The unexpected result of the O(αP) curve could potentially mean that the simulator gives the same cost for all broadcast operations, treating it as single-step collective and ignores the hop count. Thus, our initial hypothesis is not observed on SUMMA. To validate this idea, more isolation of compute and communication cycles will be needed, we conduct experiment 1.4 to observe their difference.

The consistent speed-up of WaferLLM over SUMMA shows the superior performance of WaferLLM’s MeshGEMM over the default SUMMA algorithm.

Under strong scaling, when the number of PEs is small, workloads seem to be compute-bound because the matrix size per PE is larger, requiring more computation within each PE. As the number of PE grows, the matrices are split across even smaller partitions on each PE, so the workload per PE becomes lower, total number of critical path cycle decreases and eventually becomes communication-bound. To actually visualise the percentage of compute and communication cycles in each workload run, we will isolate these two types of cycles in Exp 1.4.

The flat cycles per PE curve further shows that both algorithms appear to exhibit perfect weak scaling and ideal performance, with communication not becoming a bottleneck as PE scales. For MeshGEMM this is expected and seems genuine, because in their paper they claimed INTERLEAVE design bounds hop count to a constant 2 regardless of P, so O(P) scaling is the correct behaviour on real hardware too. For SUMMA however, this suggest a simulator artefact. On real hardware the O(αP) latency per step × P steps = O(αP²) total latency cost would cause the cycles/P ratio to grow with P, not remain flat. This result is abnormal and contrary to SUMMA’s theoretical properties, hence we investigate further in Experiment 1.4.

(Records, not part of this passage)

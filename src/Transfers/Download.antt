-- ===== src/Transfers/Download.antt =====
-- personal_mcp/file_transfer.py: `_download_begin` and `_download_chunk`.
use unified_personal_mcp.Prelude.{
  ℕ, zero, suc, ◌+◌, ◌-◌, min, String, not, ◌||◌, Option, none, some, List, [], ◌∷◌, ◌++◌, ◌==◌,
  eqb, ltb, leb, length, take, drop, if◌then◌else◌,
}
use unified_personal_mcp.Table.{update}
use unified_personal_mcp.Transfers.State.{
  io_error, invalid_argument, not_regular_file, source_changed, chunk_too_large, offset_mismatch,
  Result, ok, err, and_then, download, Transfer, Limits, Manager, Source, Argument, absent, unfit,
  given, fitting, Args, Reply, began, chunk,
}
use unified_personal_mcp.Transfers.Cache.{
  World, is_file, put_transfer, capacity, allocate, remove_staged,
}
use unified_personal_mcp.Transfers.Upload.{status_of, open_staged}

-- The loop that copies the source: each read asks for at most one byte more than is left of the size.
-- `none` if the source has grown. The fuel is a bound on the rounds.
unfoldable pub snapshot : ℕ → ℕ → ℕ → ℕ → List ℕ → Option (List ℕ)
snapshot zero chunk_bytes size total source = some []
snapshot (suc fuel) chunk_bytes size total source =
    let block = take (min chunk_bytes (size + 1 - total)) source in
    elim block [
      | [] ↦ some []
      | b ∷ bs ↦
          if ltb size (total + length (b ∷ bs))
          then none
          else elim (snapshot fuel chunk_bytes size (total + length (b ∷ bs))
              (drop (length (b ∷ bs)) source)) [ none ↦ none | some rest ↦ some ((b ∷ bs) ++ rest) ]
    ]

-- The checks after the copy.
unfoldable pub checked_copy : Source → List ℕ → Result (List ℕ)
checked_copy source bytes =
    if not (eqb (length bytes) source.size) || not source.times_kept
    then err source_changed
    else elim source.refused_again [
      | some code ↦ err code
      | none ↦
          if not (source.path_again == source.path)
            || not (eqb source.identity_again source.identity)
          then err source_changed
          else ok bytes
    ]

-- The copy, and the checks after it.
unfoldable pub stable_copy : Limits → Source → Result (List ℕ)
unfolding snapshot checked_copy
stable_copy l source =
    elim (snapshot (suc (length source.content)) l.chunk_bytes source.size 0 source.content) [
      | none ↦ err source_changed
      | some bytes ↦ checked_copy source bytes
    ]

abbrev pub new_download : World → String → ℕ → Source → String → String → List ℕ → Transfer
new_download w owner runtime source key staged bytes = record {
  key = key;
  owner = owner;
  runtime = runtime;
  direction = download;
  path = source.display;
  staged = staged;
  size = length bytes;
  sha256 = w.codec.sha256 bytes;
  created = w.now;
  target = none;
  parent_identity = none;
  next_offset = 0;
  committed = none;
}

-- The new transfer of what has been copied; if anything raised, the staged file goes.
unfoldable pub keep_snapshot :
    World
    → Limits
    → String
    → ℕ
    → Source
    → String
    → String
    → Result (List ℕ)
    → Manager
    → Result Reply × Manager
unfolding remove_staged status_of
keep_snapshot w l owner runtime source key staged (err code) m =
    and_then (remove_staged w staged m) (λ _ after. (err code, after))
keep_snapshot w l owner runtime source key staged (ok bytes) m =
    let item = new_download w owner runtime source key staged bytes in
    (
      ok (began (status_of w l item) source.name),
      record m {
        files = update (is_file staged) (λ f. record f { content = bytes }) m.files;
        transfers = put_transfer item m.transfers;
      },
    )

-- The snapshot into the staged file.
unfoldable pub take_snapshot :
    World → Limits → String → ℕ → Source → String → String → Manager → Result Reply × Manager
unfolding stable_copy keep_snapshot
take_snapshot w l owner runtime source key staged m =
    keep_snapshot w l owner runtime source key staged
      (if w.opens staged then stable_copy l source else err io_error) m

-- The part of `_download_begin` after the source is known.
unfoldable pub download_source :
    World → Limits → String → ℕ → Source → Manager → Result Reply × Manager
unfolding capacity allocate take_snapshot
download_source w l owner runtime source m =
    if not source.regular
    then (err not_regular_file, m)
    else and_then (capacity w l owner source.size m) (λ _ seen.
      and_then (allocate w l source.size seen)
        (λ (key, staged) after. take_snapshot w l owner runtime source key staged after))

-- `_download_begin`
unfoldable pub download_begin :
    World → Limits → String → ℕ → Args → Manager → Result Reply × Manager
unfolding download_source
download_begin w l owner runtime args m = elim (fitting args.path) [
  | none ↦ (err invalid_argument, m)
  | some raw ↦ if raw == "" then (err invalid_argument, m) else elim (w.source raw).refused [
    | some code ↦ (err code, m)
    | none ↦ download_source w l owner runtime (w.source raw) m
  ]
]

-- `args.get("limit", self.chunk_bytes)`, an integer of at least 1.
abbrev pub limit_of : Limits → Argument ℕ → Option ℕ
limit_of l absent = some l.chunk_bytes
limit_of l unfit = none
limit_of l (given limit) = if leb limit 0 then none else some limit

unfoldable pub read_chunk : World → Limits → Transfer → ℕ → ℕ → Manager → Result Reply
read_chunk w l t offset limit m =
    if ltb l.chunk_bytes limit
    then err chunk_too_large
    else if ltb t.size offset
    then err offset_mismatch
    else elim (open_staged w t m) [
      | none ↦ err io_error
      | some f ↦
          let bytes = take limit (drop offset f.content) in
          ok (
            chunk (record {
              transfer_id = t.key;
              offset = offset;
              next_offset = offset + length bytes;
              data_base64 = w.codec.b64encode bytes;
              eof = eqb (offset + length bytes) t.size;
            }))
    ]

-- `_download_chunk`
unfoldable pub download_chunk : World → Limits → Transfer → Args → Manager → Result Reply
unfolding read_chunk
download_chunk w l t args m = elim (fitting args.offset) [
  | none ↦ err invalid_argument
  | some offset ↦ elim (limit_of l args.limit) [
    | none ↦ err invalid_argument
    | some limit ↦ read_chunk w l t offset limit m
  ]
]
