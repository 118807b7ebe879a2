-- ===== src/Transfers/Handle.antt =====
-- personal_mcp/file_transfer.py: `handle`, `close_owner` and `close`.
use unified_personal_mcp.Prelude.{
  ℕ, String, Bool, true, false, not, ◌&&◌, ◌||◌, Option, none, some, ◌==◌, eqb, leb, length,
  if◌then◌else◌,
}
use unified_personal_mcp.Table.{select_one}
use unified_personal_mcp.Transfers.State.{
  io_error, transfer_closed, invalid_argument, transfer_not_found, direction_mismatch, Result, ok,
  err, and_then, Direction, upload, download, Transfer, Limits, Manager, Argument, given, fitting,
  Action, upload_begin, download_begin, upload_chunk, upload_commit, download_chunk, status,
  release, unsupported, Args, Reply, shown, released,
}
use unified_personal_mcp.Transfers.Cache.{World, has_key, discard_transfer, discard_all, prune}
use unified_personal_mcp.Transfers.Upload
use unified_personal_mcp.Transfers.Upload.Chunks
use unified_personal_mcp.Transfers.Upload.Commit
use unified_personal_mcp.Transfers.Download
use unified_personal_mcp.Transfers.Upload.{status_of}

abbrev pub is_upload : Direction → Bool
is_upload upload = true
is_upload download = false

-- `item.owner != owner or item.runtime is not runtime` refuses.
abbrev pub owned : String → ℕ → Option Transfer → Option Transfer
owned owner runtime none = none
owned owner runtime (some t) = if t.owner == owner && eqb t.runtime runtime then some t else none

-- The transfer of this task.
abbrev pub find : String → ℕ → Argument String → Manager → Option Transfer
find owner runtime (given key) m = owned owner runtime (select_one (has_key key) m.transfers)
find owner runtime _ m = none

-- `_discard` as the action `release`.
unfoldable pub release_transfer : World → Transfer → Manager → Result Reply × Manager
unfolding discard_transfer
release_transfer w t m = and_then (discard_transfer w t m) (λ _ after. (ok (released t.key), after))

-- The actions on a transfer that is there.
unfoldable pub act : World → Limits → Transfer → Action → Args → Manager → Result Reply × Manager
unfolding status_of release_transfer Chunks.upload_chunk Commit.upload_commit
    Download.download_chunk
act w l t status args m = (ok (shown (status_of w l t)), m)
act w l t release args m = release_transfer w t m
act w l t upload_chunk args m =
    if is_upload t.direction then Chunks.upload_chunk w l t args m else (err direction_mismatch, m)
act w l t upload_commit args m =
    if is_upload t.direction then Commit.upload_commit w l t m else (err direction_mismatch, m)
act w l t download_chunk args m =
    if is_upload t.direction
    then (err direction_mismatch, m)
    else (Download.download_chunk w l t args m, m)
act w l t _ args m = (err invalid_argument, m)

-- An action on a transfer that is to be found.
unfoldable pub act_on :
    World → Limits → String → ℕ → Action → Args → Manager → Result Reply × Manager
unfolding act
act_on w l owner runtime action args m = elim (find owner runtime args.transfer_id m) [
  | none ↦ (err transfer_not_found, m)
  | some t ↦ act w l t action args m
]

unfoldable pub dispatch :
    World → Limits → String → ℕ → Action → Args → Manager → Result Reply × Manager
unfolding Upload.upload_begin Download.download_begin act_on
dispatch w l owner runtime upload_begin args m = Upload.upload_begin w l owner runtime args m
dispatch w l owner runtime download_begin args m = Download.download_begin w l owner runtime args m
dispatch w l owner runtime unsupported args m = (err invalid_argument, m)
dispatch w l owner runtime action args m = act_on w l owner runtime action args m

-- The action that the arguments name.
unfoldable pub requested : World → Limits → String → ℕ → Args → Manager → Result Reply × Manager
unfolding dispatch
requested w l owner runtime args m = elim (fitting args.action) [
  | none ↦ (err invalid_argument, m)
  | some action ↦ dispatch w l owner runtime action args m
]

-- `handle`; an error is the reply of a call that raised.
unfoldable pub handle : World → Limits → String → ℕ → Args → Manager → Result Reply × Manager
unfolding prune requested
handle w l owner runtime args m =
    if m.closed
    then (err transfer_closed, m)
    else if owner == ""
    then (err invalid_argument, m)
    else and_then (prune w m) (λ _ after. requested w l owner runtime args after)

-- `close_owner`
unfoldable pub close_owner : World → String → Manager → Result (Unit {0}) × Manager
unfolding discard_all
close_owner w owner m = discard_all w (λ t. t.owner == owner) m.transfers m

-- The end of `close`: a private root with nothing but its marker is removed.
unfoldable pub remove_cache : World → Manager → Result (Unit {0}) × Manager
remove_cache w m =
    if not m.cache_created || not (leb (length m.files) 0)
    then (ok tt, m)
    else if w.removes_cache
    then (ok tt, record m { root_exists = false })
    else (err io_error, m)

-- `close`
unfoldable pub close : World → Manager → Result (Unit {0}) × Manager
unfolding discard_all remove_cache
close w m =
    if m.closed
    then (ok tt, m)
    else and_then (discard_all w (λ t. true) m.transfers (record m { closed = true }))
        (λ _ after. remove_cache w after)
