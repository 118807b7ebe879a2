-- ===== src/Transfers/Aims.antt =====
-- personal_mcp/file_transfer.py: what a call of `handle` is there for, and what it finds after `_prune`.
use unified_personal_mcp.Prelude.{
  ap, ◌∙◌, stop, go, Option, false, Bool-cases, List, stop, ℕ, ◌≡◌, sym, subst, String, true, none,
  some, ◌==◌, inl, inr, eq_iff, Option-cases,
}
use unified_personal_mcp.Table.{select_one, delete, select_one-delete, select_one-delete_self}
use unified_personal_mcp.Transfers.State.{
  Transfer, Limits, Manager, Argument, absent, unfit, given, fitting, Args, Action, upload_begin,
  download_begin, upload_chunk, upload_commit, release,
}
use unified_personal_mcp.Transfers.Cache.{World, has_key}
use unified_personal_mcp.Transfers.Spec.{
  Aim, beginning, writing, committing, releasing, looking, Step, same, dropped, advanced, created,
  recorded, began, Steps,
}
use unified_personal_mcp.Transfers.Handle.{owned, find}

-- The aim of an action on the transfer that it finds, if it finds one.
abbrev pub aim_on : String → ℕ → Action → Option Transfer → Aim
aim_on owner runtime upload_begin found = beginning owner runtime
aim_on owner runtime download_begin found = beginning owner runtime
aim_on owner runtime upload_chunk (some t) = writing t
aim_on owner runtime upload_commit (some t) = committing t
aim_on owner runtime release (some t) = releasing t
aim_on owner runtime _ _ = looking

-- The aim of the actions that `fitting` has read; without one the call only looks.
abbrev pub aim_as : String → ℕ → Option Action → Option Transfer → Aim
aim_as owner runtime none found = looking
aim_as owner runtime (some action) found = aim_on owner runtime action found

-- The aim of a call, from the transfers that are there when it begins.
abbrev pub aim_of : String → ℕ → Args → Manager → Aim
aim_of owner runtime args m =
    aim_as owner runtime (fitting args.action) (find owner runtime args.transfer_id m)

-- What is found after transfers are dropped was found before.
find-delete :
    (key gone : String) (ts : List Transfer) (t : Transfer)
    → select_one (has_key key) (delete (has_key gone) ts) ≡ some t
    → select_one (has_key key) ts ≡ some t
find-delete key gone ts t e = elim (Bool-cases (key == gone)) [
  | inl same_key ↦
      let one : key ≡ gone = (eq_iff key gone).0 same_key in
      let lost : select_one (has_key key) (delete (has_key gone) ts) ≡ none =
        subst (λ g. select_one (has_key key) (delete (has_key g) ts) ≡ none) one
          (select_one-delete_self (has_key key) ts) in
      cc
  | inr other ↦
      let spare : (r : Transfer) → has_key key r ≡ true → has_key gone r ≡ false =
        λ r h. subst (λ k. (k == gone) ≡ false) (sym ((eq_iff r.key key).0 h)) other in
      sym (select_one-delete (has_key key) (has_key gone) ts spare) ∙ e
]

module _ (w : World) (l : Limits) where
  -- A call that only looks may lose transfers, and finds none that was not there.
  looking-Step :
      (key : String) (t : Transfer) (m n : Manager)
      → Step w l looking m n
      → select_one (has_key key) n.transfers ≡ some t
      → select_one (has_key key) m.transfers ≡ some t
  looking-Step key t m n (same e p) h = ap (λ ts. select_one (has_key key) ts) (sym e) ∙ h
  looking-Step key t m n (dropped u may e p) h =
      find-delete key u.key m.transfers t (ap (λ ts. select_one (has_key key) ts) (sym e) ∙ h)
  looking-Step key t m n (advanced u offset j a b e p) h = cc
  looking-Step key t m n (created u f j a b c d g e i p) h = cc
  looking-Step key t m n (recorded u finished j e p) h = cc
  looking-Step key t m n (began u j a b c e p) h = cc

  looking-Steps :
      (key : String) (t : Transfer) (m n : Manager)
      → Steps w l looking m n
      → select_one (has_key key) n.transfers ≡ some t
      → select_one (has_key key) m.transfers ≡ some t
  looking-Steps key t m n (stop _ _ e) h =
      subst (λ (k : Manager). select_one (has_key key) k.transfers ≡ some t) e h
  looking-Steps key t m n (go _ k _ s p) h = looking-Step key t m k s (looking-Steps key t k n p h)

  pub looking-find :
      (owner : String) (runtime : ℕ) (id : Argument String) (m n : Manager) (t : Transfer)
      → Steps w l looking m n
      → find owner runtime id n ≡ some t
      → find owner runtime id m ≡ some t
  looking-find owner runtime absent m n t p h = cc
  looking-find owner runtime unfit m n t p h = cc
  looking-find owner runtime (given key) m n t p h =
      elim (Option-cases (select_one (has_key key) n.transfers)) [
        | inl e ↦ let lost : owned owner runtime none ≡ some t = rw e at h in cc
        | inr (u, e) ↦
            let was = looking-Steps key u m n p e in
            ap (λ o. owned owner runtime o) (was ∙ sym e) ∙ h
      ]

The strong scaling results also show that MeshGEMM consistently performs better than SUMMA.

In this section, MeshGEMM produces a result that is consistent with our hypothesis, showing that a variant of a traditional parallel computing algorithm can be adapted on Cerebras WSE hardware, and still produce a result that is consistent with its original theoretical properties. However, the abnormal SUMMA performance raises questions about the simulator’s correctness. To further analyse why the simulator output O(P) scaling for the SUMMA algorithm, we will decompose the total cycles into computation and communication to identify the bottleneck, and investigate how the incomplete torus topology affects the communication latency.

Exp 1.4: GEMM decomposition (compute vs. comm)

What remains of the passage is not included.